Release Notes 8.1.0
Platform
New Features
- New Analytics Dashboard
- Issues At-A-Glance with a summary of issues organized by Rule Category and Severity
- Heatmap to show the top 10 devices with the highest number of issues
- The average and median number of issues per day per device, % of total issues from top 10 devices to help identify ‘problematic’ devices
- A new ‘Connection Counts’ graph with a line to show the average number of connections
Improvements
- Offline Upgrade process – eliminated the manual steps by using the ‘pre-offline’ command (available after upgrade)

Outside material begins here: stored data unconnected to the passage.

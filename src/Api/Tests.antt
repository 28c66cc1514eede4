-- ===== src/Api/Tests.antt =====
-- The API on a table with one row.
mod Like
use asset_discovery.Api.{AssetFilter, matching, no_filter}
use asset_discovery.Api.Search.{Selected, matching-Selected}
use asset_discovery.Api.Tests.Like.{like, any_suffix, searching, searching-LikeLaw}
use asset_discovery.Asset.Identity.{generate_asset_id}
use asset_discovery.Asset.Tests.{laptop_mac}
use asset_discovery.Asset.Types.{AssetId}
use asset_discovery.Prelude.Text.Decimal.{absent}
use asset_discovery.Storage.{AssetRow}
use mathlib.Core.List.{Memᴰ}
use asset_discovery.Api.Detail.{list_vendors}
use asset_discovery.Api.Handlers.{
  handle_asset_detail, handle_assets, reply, trim_prefix, ui_refresh_ms,
}
use asset_discovery.Api.Pages.{Page, list_assets-Page, match_count}
use asset_discovery.Api.Query.{list_assets}
use asset_discovery.Api.Vendors.{Ascending, list_vendors_exact, some_row_has}
use asset_discovery.Asset.Merge.{has}
use asset_discovery.Prelude.{
  All, All-append, All-take, Bool, Bool-cases, Gives, List, Option, Option-cases, [], ap, arith,
  drop, false, get_elem?, if◌then◌else◌, inl, inr, leb, leb→le, length, length-append, length-drop,
  length-take, lt→ltb, ltb, ltb→lt, map, none, not, refl, some, suc, sym, take, take-append-drop,
  true, zero, ==_iff, ℕ, ◌%◌, ◌&&◌, ◌*◌, ◌++◌, ◌+◌, ◌-◌, ◌/◌, ◌<◌, ◌==◌, ◌^◌, ◌||◌, ◌↔◌, ◌∙◌, ◌∷◌,
  ◌≡◌, ◌≢◌, ◌≤◌, ◌⊎◌,
}
use asset_discovery.Prelude.Text.{Text, contains, is_empty, text, to_lower}
use asset_discovery.Prelude.Time.{pos}
use asset_discovery.Storage.Tests.{codec, no_failure, stored_row, table_of_one}

abbrev one_place : AssetFilter
one_place = record no_filter { q = text "nok"; limit = pos 1 }

list_assets-Page_example :
    Gives
      (Page (match_count codec one_place table_of_one))
      (list_assets codec no_failure one_place table_of_one)
list_assets-Page_example = list_assets-Page codec no_failure one_place table_of_one refl

matching-Selected_example :
    Memᴰ {A = AssetId × AssetRow}
      (generate_asset_id laptop_mac, stored_row)
      (matching searching one_place table_of_one table_of_one.assets)
    ↔ (Memᴰ {A = AssetId × AssetRow} (generate_asset_id laptop_mac, stored_row) table_of_one.assets
        × Selected searching one_place table_of_one (generate_asset_id laptop_mac) stored_row)
unfolding absent
matching-Selected_example =
    matching-Selected searching one_place table_of_one table_of_one.assets
      (generate_asset_id laptop_mac) stored_row searching-LikeLaw refl refl

-- The search finds the vendor.
is_found : length (matching searching one_place table_of_one table_of_one.assets) ≡ 1
unfolding matching like any_suffix to_lower is_empty asset_discovery.Prelude.Text.text_eq
is_found = refl

list_vendors_exact_example :
    Gives
      (λ vs.
        ((v : Text) → has v vs ≡ (not (is_empty v) && some_row_has v table_of_one.assets))
        × Ascending vs)
      (list_vendors false table_of_one)
list_vendors_exact_example = list_vendors_exact table_of_one

nested_path :
    handle_asset_detail codec no_failure table_of_one (text "/api/assets/a/b") ≡ reply 400 none
unfolding handle_asset_detail trim_prefix asset_discovery.Prelude.Text.has_prefix is_empty
    asset_discovery.Api.Handlers.has_slash
nested_path = refl

no_interval : ui_refresh_ms (pos 0) ≡ 5000
unfolding ui_refresh_ms
no_interval = refl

- Persist the customer’s issued SSL certificate parameters through upgrades in order to eliminate the need for manual post-upgrade settings (available after the upgrade)
- Create support for persistent applications’ config files in order to eliminate manual post-upgrade settings (available after the upgrade)
- Alert Exports – added new fields (vendor, OS name, OS version).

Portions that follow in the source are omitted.